Désirs Parade
(1986-1990)
1985
"Désirs parade: Mistaking our desires for reality, being convinced that desires are real.
We go back to a wordless show, the exploration of a field where expression though movement, relationships with objects, dance, and puppets express the indescribable through a plurality of senses. Plunging the audience into a succession of rebuses and enigmas that cause introspection, questioning and interpretations.
Our last sketch show and the beginning of a long collaboration with the composer René Aubry. We had just discovered his work in the creations of Carolyn Carlson.
He is one of the rare composers whose music generates movement more than illustrating it. He composes a beautiful piece for Chrysalide.
Using a simple repetitive structure, René manages to progressively develop parallel spaces, thereby creating a superposition of levels. These levels fill the different senses with images while making the space bigger. I use the principle of the bunraku, sculpting puppets with heads that are disproportionally small compared to their bodies. I extend the rear of the head, thereby reinforcing the face's traits while creating a dynamic and a direction for the head.
Young recruit Catherine Goffinet loves joking with Mary [Underwood].
During my long explanations with the other actor-puppeteers, Mary messes around with some fishnet fabric to make her laugh. Making grotesque shapes and funny dances, they unwind by fooling around. These scenes of pure tomfoolery sometimes seem more inspiring to me than the detailed scenarios that I am struggling to create. I end up using their games in a new act called Twilight, which leads me to rethink my relationship with puppets.
Sometimes, thanks to its simplicity, a raw material's greater potential for the abstract seems better suited to awaking the imagination than a character/puppet, which makes it necessarily anecdotal. Animating an inert material, giving shape to something that has none, breathing life into an inanimate object – isn't that the main objective of an any puppeteer. Shouldn't we go back to that - to go beyond the puppet - to widen the possibilities of animation theatre?

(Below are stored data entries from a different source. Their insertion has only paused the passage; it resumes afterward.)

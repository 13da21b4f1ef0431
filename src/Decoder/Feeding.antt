-- ===== src/Decoder/Feeding.antt =====
-- A candidate's replay ends, and then the candidate has been told the whole history
-- (mediadecode-ffmpeg/src/decoder/mod.rs).
use mediadecode.Base.{
  ℕ, zero, suc, ◌+◌, ◌≤◌, ◌<◌, ◌≡◌, refl, ap, ◌∙◌, subst, ◌⊎◌, inl, inr, Bool, true, false, Option,
  none, some, List, [], ◌∷◌, arith, Bool-cases, Option-cases, length, length-append, Returns,
  Returns-bind, Returns-map, Result, ok, err,
}
use mediadecode.Decoder.Libav.{AvError, Libav}
use mediadecode.Decoder.Phase.{is_eagain, is_transient}
use mediadecode.Decoder.Replay.{
  max_probe_pending_frames, Caps, Candidate, queue_download, admit_frame, drain_into_pending, offer,
  replay_packets, replay,
}
use mediadecode.Decoder.Promises.{
  Told, hear, hear_end, hear_all, hear_history, if_accepted, IsNoAgain, OnOk, Promises,
}

-- Splits that keep the equation.
pub Result-split :
    {E A : Type 0} (r : Result E A) → ((a : A) × (r ≡ ok a)) ⊎ ((e : E) × (r ≡ err e))
Result-split (ok a) = inl (a, refl)
Result-split (err e) = inr (e, refl)

module _ (F : Libav) (caps : Caps F) where
  -- A frame that is queued is one more, and the context is left alone.
  abbrev QueuesOne : Candidate F → Candidate F × Option AvError → Type 0
  QueuesOne c (c', none) = (c'.inner ≡ c.inner) × (length c'.pending ≡ length c.pending + 1)
  QueuesOne c (c', some e) = c'.inner ≡ c.inner

  queue_download-one :
      (surface : F.Surface) (c : Candidate F) → QueuesOne c (queue_download F caps surface c)
  unfolding queue_download
  queue_download-one surface c = grind (arith, length-append)

  -- Within the cap on frames.
  abbrev AdmitsOne : Candidate F → Candidate F × Option AvError → Type 0
  AdmitsOne c (c', none) =
      (c'.inner ≡ c.inner)
      × (length c'.pending ≡ length c.pending + 1)
      × (length c'.pending ≤ max_probe_pending_frames)
  AdmitsOne c (c', some e) = c'.inner ≡ c.inner

  AdmitsOne-of :
      (c : Candidate F) (r : Candidate F × Option AvError)
      → length c.pending < max_probe_pending_frames
      → QueuesOne c r
      → AdmitsOne c r
  AdmitsOne-of c (c', none) below h = (h.0, h.1, omega (arith, h.1))
  AdmitsOne-of c (c', some e) below h = h

  admit_frame-one :
      (surface : F.Surface) (c : Candidate F) → AdmitsOne c (admit_frame F caps surface c)
  unfolding admit_frame
  admit_frame-one surface c = ground (arith, AdmitsOne-of c, queue_download-one surface c)

  module _ (L : Promises F) where
    -- A context that takes whatever it is sent next.
    abbrev IsReady : F.Context → Type 0
    IsReady d = ((p : F.Packet) → IsNoAgain F (F.send_packet p d).1) × IsNoAgain F (F.send_eof d).1

    abbrev pub IsWithin : Candidate F → Type 0
    IsWithin c = length c.pending ≤ max_probe_pending_frames

    -- A drain that ends well leaves the context as told as it was, and ready.
    abbrev Drained : Candidate F → Candidate F × Option AvError → Type 0
    Drained c (c', none) = (L.told c'.inner ≡ L.told c.inner) × IsReady c'.inner × IsWithin c'
    Drained c (c', some e) = Unit

    -- A drain from a candidate told as much goes for this one.
    Drained-from :
        (c d : Candidate F) (r : Candidate F × Option AvError)
        → L.told d.inner ≡ L.told c.inner
        → Drained d r
        → Drained c r
    Drained-from c d (c', none) same h = (h.0 ∙ same, h.1, h.2)
    Drained-from c d (c', some e) same h = tt

    drain_rest-Drained :
        (fuel : ℕ) (c : Candidate F) (r : Candidate F × Option AvError)
        → AdmitsOne c r
        → ((d : Candidate F)
            → IsWithin d
            → max_probe_pending_frames < fuel + length d.pending
            → Returns (Drained d) (drain_into_pending F caps fuel d))
        → max_probe_pending_frames < suc fuel + length c.pending
        → Returns (Drained c) (elim (r.1) [
          | some e ↦ some (r.0, some e)
          | none ↦ drain_into_pending F caps fuel (r.0)
        ])
    drain_rest-Drained fuel c (d, none) one rest enough =
        Returns-map (Drained d) (Drained c) (drain_into_pending F caps fuel d)
          (rest d one.2 (omega (arith, one.1, enough)))
          (λ r h. Drained-from c d r (ap L.told one.0) h)
    drain_rest-Drained fuel c (d, some e) one rest enough = tt

    drain_into_pending-Drained :
        (fuel : ℕ) (c : Candidate F)
        → IsWithin c
        → max_probe_pending_frames < fuel + length c.pending
        → Returns (Drained c) (drain_into_pending F caps fuel c)
    unfolding drain_into_pending
    drain_into_pending-Drained zero c within enough = absurd (omega (arith, within, enough))
    drain_into_pending-Drained (suc fuel) c within enough =
        elim (Result-split (F.receive_frame c.inner).1) [
          | inr (e, answered) ↦ elim (Bool-cases (is_transient F e)) [
            | inl t ↦
                rw (answered, t, Returns)
                  (
                    L.told_receive c.inner,
                    ((λ p. L.send_ready c.inner e answered t p), L.eof_ready c.inner e answered t),
                    within,
                  )
            | inr t ↦ rw (answered, t, Returns) tt
          ]
          | inl (surface, answered) ↦
              rw (answered, Returns)
                (let c1 : Candidate F = record c { inner = (F.receive_frame c.inner).0 } in
                  Returns-map (Drained c1) (Drained c) _
                    (drain_rest-Drained fuel c1 (admit_frame F caps surface c1)
                      (admit_frame-one surface c1) (drain_into_pending-Drained fuel) enough)
                    (λ r h. Drained-from c c1 r (L.told_receive c.inner) h))
        ]

    -- What is asked of a kind of submission: what the context hears when it is accepted, and that a
    -- drained context takes it.
    abbrev IsHeard :
        (F.Context → F.Context × Option AvError) → (Told F.Packet → Told F.Packet) → Type 0
    IsHeard send heard =
        ((c : F.Context) → L.told (send c).0 ≡ if_accepted heard (send c).1 (L.told c))
        × ((c : F.Context) → IsReady c → IsNoAgain F (send c).1)

    send_packet-IsHeard : (p : F.Packet) → IsHeard (F.send_packet p) (hear p)
    send_packet-IsHeard p = (L.told_send p, λ c ready. ready.0 p)

    send_eof-IsHeard : IsHeard F.send_eof hear_end
    send_eof-IsHeard = (L.told_eof, λ c ready. ready.1)

    -- An offer that ends well has been heard.
    abbrev pub Heard :
        (Told F.Packet → Told F.Packet) → Candidate F → Candidate F × Option AvError → Type 0
    Heard heard c (c', none) = (L.told c'.inner ≡ heard (L.told c.inner)) × IsWithin c'
    Heard heard c (c', some e) = Unit

    -- What is heard after something else was.
    Heard-after :
        (before heard : Told F.Packet → Told F.Packet) (c d : Candidate F)
        (r : Candidate F × Option AvError)
        → L.told d.inner ≡ before (L.told c.inner)
        → Heard heard d r
        → Heard (λ t. heard (before t)) c r
    Heard-after before heard c d (c', none) same h = (h.0 ∙ ap heard same, h.1)
    Heard-after before heard c d (c', some e) same h = tt

    module _ (send : F.Context → F.Context × Option AvError) (heard : Told F.Packet → Told F.Packet)
        (promise : IsHeard send heard) where
      -- A ready context takes the submission, or fails it for good.
      offer_ready-Heard :
          (rounds : ℕ) (c : Candidate F)
          → IsWithin c
          → IsReady c.inner
          → Returns (Heard heard c) (offer F caps send (suc rounds) c)
      unfolding offer
      offer_ready-Heard rounds c within ready = elim (Option-cases (send c.inner).1) [
        | inl answered ↦
            rw (answered, Returns)
              (promise.0 c.inner ∙ ap (λ a. if_accepted heard a (L.told c.inner)) answered, within)
        | inr (e, answered) ↦
            rw (answered, subst (IsNoAgain F) answered (promise.1 c.inner ready), Returns) tt
      ]

      offer_rest-Heard :
          (rounds : ℕ) (c d : Candidate F) (r : Candidate F × Option AvError)
          → L.told d.inner ≡ L.told c.inner
          → Drained d r
          → Returns (Heard heard c) (elim (r.1) [
            | some e ↦ some (r.0, some e)
            | none ↦ offer F caps send (suc rounds) (r.0)
          ])
      offer_rest-Heard rounds c d (c', none) same h =
          Returns-map (Heard heard c') (Heard heard c) (offer F caps send (suc rounds) c')
            (offer_ready-Heard rounds c' h.2 h.1)
            (λ r. Heard-after (λ t. t) heard c c' r (h.0 ∙ same))
      offer_rest-Heard rounds c d (c', some e) same h = tt

      offer-Heard :
          (rounds : ℕ) (c : Candidate F)
          → IsWithin c
          → Returns (Heard heard c) (offer F caps send (suc (suc rounds)) c)
      unfolding offer
      offer-Heard rounds c within = elim (Option-cases (send c.inner).1) [
        | inl answered ↦
            rw (answered, Returns)
              (promise.0 c.inner ∙ ap (λ a. if_accepted heard a (L.told c.inner)) answered, within)
        | inr (e, answered) ↦ elim (Bool-cases (is_eagain F e)) [
          | inr other ↦ rw (answered, other, Returns) tt
          | inl again ↦
              let c1 : Candidate F = record c { inner = (send c.inner).0 } in
              let same : L.told c1.inner ≡ L.told c.inner =
                promise.0 c.inner ∙ ap (λ a. if_accepted heard a (L.told c.inner)) answered in
              rw (answered, again, Returns)
                (Returns-bind (Drained c1) (Heard heard c)
                  (drain_into_pending F caps (suc max_probe_pending_frames) c1) _
                  (drain_into_pending-Drained (suc max_probe_pending_frames) c1 within
                    (omega arith))
                  (λ r h. offer_rest-Heard rounds c c1 r same h))
        ]
      ]

    replay_rest-Heard :
        (rounds : ℕ) (kept : F.Packet) (packets : List F.Packet) (c : Candidate F)
        (r : Candidate F × Option AvError)
        → ((d : Candidate F)
            → IsWithin d
            → Returns
                (Heard (hear_all packets) d)
                (replay_packets F caps (suc (suc rounds)) packets d))
        → Heard (hear kept) c r
        → Returns (Heard (hear_all (kept ∷ packets)) c) (elim (r.1) [
          | some e ↦ some (r.0, some e)
          | none ↦ replay_packets F caps (suc (suc rounds)) packets (r.0)
        ])
    replay_rest-Heard rounds kept packets c (d, none) rest h =
        Returns-map (Heard (hear_all packets) d) (Heard (hear_all (kept ∷ packets)) c)
          (replay_packets F caps (suc (suc rounds)) packets d) (rest d h.1)
          (λ r. Heard-after (hear kept) (hear_all packets) c d r h.0)
    replay_rest-Heard rounds kept packets c (d, some e) rest h = tt

    replay_packets-Heard :
        (rounds : ℕ) (packets : List F.Packet) (c : Candidate F)
        → IsWithin c
        → Returns (Heard (hear_all packets) c) (replay_packets F caps (suc (suc rounds)) packets c)
    unfolding replay_packets
    replay_packets-Heard rounds [] c within = (refl, within)
    replay_packets-Heard rounds (kept ∷ packets) c within =
        elim (Result-split (F.try_clone_packet kept c.world).1) [
          | inr (e, copied) ↦ rw (copied, Returns) tt
          | inl (pkt, copied) ↦
              let c1 : Candidate F = record c { world = (F.try_clone_packet kept c.world).0 } in
              let same : pkt ≡ kept =
                subst (OnOk F (λ q. q ≡ kept)) copied (L.same_packet kept c.world) in
              rw (copied, Returns)
                (Returns-bind (Heard (hear pkt) c1) (Heard (hear_all (kept ∷ packets)) c)
                  (offer F caps (F.send_packet pkt) (suc (suc rounds)) c1) _
                  (offer-Heard (F.send_packet pkt) (hear pkt) (send_packet-IsHeard pkt) rounds c1
                    within)
                  (λ r h.
                    replay_rest-Heard rounds kept packets c r (replay_packets-Heard rounds packets)
                      (subst (λ p. Heard (hear p) c r) same h)))
        ]

    -- A replay through a candidate whose queue is within its cap ends, for two rounds or more, though
    -- the candidate may answer that it must be drained first. If it does not fail, the candidate has
    -- been told the packets, in order, and the end if it had been told.
    pub replay-Heard :
        (rounds : ℕ) (eof_sent : Bool) (packets : List F.Packet) (c : Candidate F)
        → IsWithin c
        → Returns
            (Heard (hear_history eof_sent packets) c)
            (replay F caps (suc (suc rounds)) eof_sent packets c)
    unfolding replay
    replay-Heard rounds eof_sent packets c within =
        Returns-bind (Heard (hear_all packets) c) (Heard (hear_history eof_sent packets) c)
          (replay_packets F caps (suc (suc rounds)) packets c) _
          (replay_packets-Heard rounds packets c within) (λ r h. end_heard eof_sent r h)
      where
        end_heard :
            (eof_sent : Bool) (r : Candidate F × Option AvError)
            → Heard (hear_all packets) c r
            → Returns (Heard (hear_history eof_sent packets) c) (elim (r.1) [
              | some e ↦ some (r.0, some e)
              | none ↦ elim eof_sent [
                | true ↦ offer F caps F.send_eof (suc (suc rounds)) (r.0)
                | false ↦ some (r.0, none)
              ]
            ])
        end_heard true (d, none) h =
            Returns-map (Heard hear_end d) (Heard (hear_history true packets) c)
              (offer F caps F.send_eof (suc (suc rounds)) d)
              (offer-Heard F.send_eof hear_end send_eof-IsHeard rounds d h.1)
              (λ r. Heard-after (hear_all packets) hear_end c d r h.0)
        end_heard false (d, none) h = h
        end_heard b (d, some e) h = tt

Exploration of materials and objects: from fishnet stockings to plastic film, kraft paper, deck chairs, ladders, and halyard. How can we control them, master them, include them in the synopsis? I find that they resist me. I stubbornly persist, but they lose their vitality and fade. I try to learn how to listen to them. It is complicated and frustrating. Sketches that have been written, which sometimes seem very promising, fall by the wayside… Every object and every material has its own temperament, its own dynamic; an intrinsic and unique way of existing, moving, floating, changing, resisting, and deforming. By listening to it, the unexpected suddenly appears and bursts out, revealing things that are hidden away inside us, intuitions and moments of euphoria and happiness! When not being used for their usual purpose, they create physical obstacles that the dancers and actors must be confronted with, like so many metaphors for their internal conflicts..."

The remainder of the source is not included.